Wendy waited, listening as Mrs. Cooper opened the door and began to speak to someone. The sense of unease was still building, but she was also starting to feel as if whatever was out there, it trailed a sense of sickening familiarity. She heard Mrs. Cooper taking someone into the front room, and finally she climbed off the chair and made her way over to the doorway.
“Wendy,” Matthew hissed, “what are you doing?”
Ignoring him, she headed out into the hall.
“She's in a terrible state,” she heard Mrs. Cooper saying. “God alone knows where she's been for the past few days, but her feet are all cut up from walking. She obviously hadn't eaten or had much to drink, and she was dirty all over. She has bandages on her burns, too. They need changing, but I don't have anything that'll help.”
“This world is no place for a child to be wandering alone,” replied a softly-spoken female voice. “She has already been through so ver
y much.”
“Wendy,” Matthew whispered, “my mother said to stay in the kitchen!”
Still ignoring him, she edged along the hallway until she reached the door to the front room. She paused for a moment, before leaning around the corner.

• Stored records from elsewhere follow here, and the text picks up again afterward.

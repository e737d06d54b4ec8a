-- ===== src/Paths.antt =====
-- pkg/paths: the path parameters of a request (path.go), and the decoding of the case-insensitive
-- form in which cmd/go sends module paths and versions (decode.go).
pub mod Decode
pub mod Glob
pub mod Pattern
mod Tests
use athens.Prelude.{
  ℕ, ◌+◌, ◌-◌, Bool, true, false, ◌&&◌, ◌||◌, Option, none, some, List, [], ◌∷◌, ◌++◌, ltb, leb,
  ◌==◌, nat_eq, text_eq, if◌then◌else◌, Text, text, lookup, is_empty,
}
use Glob.{glob}
use athens.Errors.{Result, ok, err, make_error, error_arg, string_arg}

-- One round of the loop of `decodeString` on the byte r: `none` for a `return "", false`, else what
-- is appended to the buffer and whether a '!' is pending. A byte of 128 or more starts no ASCII
-- rune, so the loop over runes fails there exactly where this loop over bytes does.
decode_byte : Bool → ℕ → Option (Text × Bool)
decode_byte bang r =
    if leb 128 r
    then none
    else if bang
    then (if ltb r b'a' || ltb b'z' r then none else some ((r + b'A' - b'a') ∷ [], false))
    else if r == b'!'
    then some ([], true)
    else if leb b'A' r && leb r b'Z'
    then none
    else some (r ∷ [], false)

decode_from : Text → Bool → Text → Option Text
unfolding decode_byte
decode_from buf true [] = none
decode_from buf false [] = some buf
decode_from buf bang (r ∷ rest) = elim (decode_byte bang r) [
  | none ↦ none
  | some (out, bang') ↦ decode_from (buf ++ out) bang' rest
]

unfoldable pub decode_string : Text → Option Text
unfolding decode_from
decode_string encoding = decode_from [] false encoding

-- `%q` of the message is left out: the message is the same for every invalid encoding.
unfoldable pub decode_path : Text → Result Text
decode_path encoding = elim (decode_string encoding) [
  | none ↦
      err (
        make_error (text "paths.DecodePath")
          (string_arg (text "invalid module path encoding") ∷ []))
  | some path ↦ ok path
]

-- mux.Vars(r): the variables that the router found, "" for a missing one.
abbrev pub Vars : Type 0
Vars = List (Text × Text)

abbrev pub get_var : Vars → Text → Text
get_var vars name = elim (lookup vars name) [ none ↦ [] | some v ↦ v ]

unfoldable pub get_module : Vars → Result Text
get_module vars =
    let mod_path = get_var vars (text "module") in
    if is_empty mod_path
    then err
        (make_error (text "paths.GetModule") (string_arg (text "missing module parameter") ∷ []))
    else decode_path mod_path

unfoldable pub get_version : Vars → Result Text
get_version vars =
    let version = get_var vars (text "version") in
    if is_empty version
    then err
        (make_error (text "paths.GetVersion") (string_arg (text "missing version parameter") ∷ []))
    else decode_path version

pub record AllPathParams : Type 0 where
  pub module_path : Text
  pub version : Text

unfoldable pub get_all_params : Vars → Result AllPathParams
get_all_params vars = elim (get_module vars) [
  | err e ↦ err (make_error (text "paths.GetAllParams") (error_arg e ∷ []))
  | ok mod_path ↦ elim (get_version vars) [
    | err e ↦ err (make_error (text "paths.GetAllParams") (error_arg e ∷ []))
    | ok version ↦ ok (record { module_path = mod_path; version = version })
  ]
]

-- strings.Count(s, "/"), and of any other byte.
unfoldable pub count_byte : ℕ → Text → ℕ
count_byte b [] = 0
count_byte b (c ∷ s) = if c == b then count_byte b s + 1 else count_byte b s

-- The loop of `MatchesPattern`: the part of the target before its slash number n + 1, and the
-- slashes that were not found.
unfoldable pub cut_prefix : ℕ → Text → Text × ℕ
cut_prefix n [] = ([], n)
cut_prefix n (c ∷ s) =
    let rest = cut_prefix (if c == b'/' then n - 1 else n) s in
    if c == b'/' && n == 0 then ([], 0) else (c ∷ rest.0, rest.1)

unfoldable pub matches_pattern : Text → Text → Bool
unfolding count_byte cut_prefix glob
matches_pattern pattern target =
    let found = cut_prefix (count_byte b'/' pattern) target in
    if ltb 0 found.1 then false else glob pattern found.0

“There she is,” Mrs. Cooper said, spotting her immediately.
Wendy let out a gasp of shock as soon as she saw the elderly woman on the other side of the room, wearing a nun's habit.
“Wendy,” Mrs. Cooper continued, reaching a hand out to her, “come and meet Sister Agnieska, the Mother Superior of Barton's Cross -”
“No!” Wendy shouted, turning and racing to the front door, only to pull it open and crash straight into a figure who was waiting outside.
“Calm down,” Sister Julia said, grabbing Wendy by the shoulders. “It's okay, it's only me.”
“Leave me alone!” Wendy shouted, struggling to get free before a police officer stepped closer and grabbed her arms. “I'm not going back!”
“Of course you are,” Sister Julia said with a smile, as Sister Agnieska and Mrs. Cooper came to join them. “Wendy, you have nowhere else to go. The law states that you're now a ward of Barton's Cross, and I can assure you that the monastery is the very best place for you to be right now.” She smiled, as if she was happy and expected Wendy to feel the same way. “Don't worry, we won't be letting you slip away from us again.”
Further back, by the kitchen door, Matthew watched as Wendy was dragged away sobbing.
Chapter Twenty-Three
Today
“He's in here,” the nurse said as she opened the door to one of the retirement home's private rooms. “I'll just check if he's up for visitors.” Leaning through, she smiled. “Matty? Alice Warner is here to see you. Is it okay if I let her in?” After a moment, she turned back to Alice with a smile. “He's all yours. Just try not to tire him out too much.”
“Thank you.”
Stepping into the room, Alice saw a frail old man in a bed by the window, with various wires and tubes connecting him to a set of machines. A heart monitor was beeping steadily, while a nearby table was filled with flowers that had evidently been brought by well-wishers.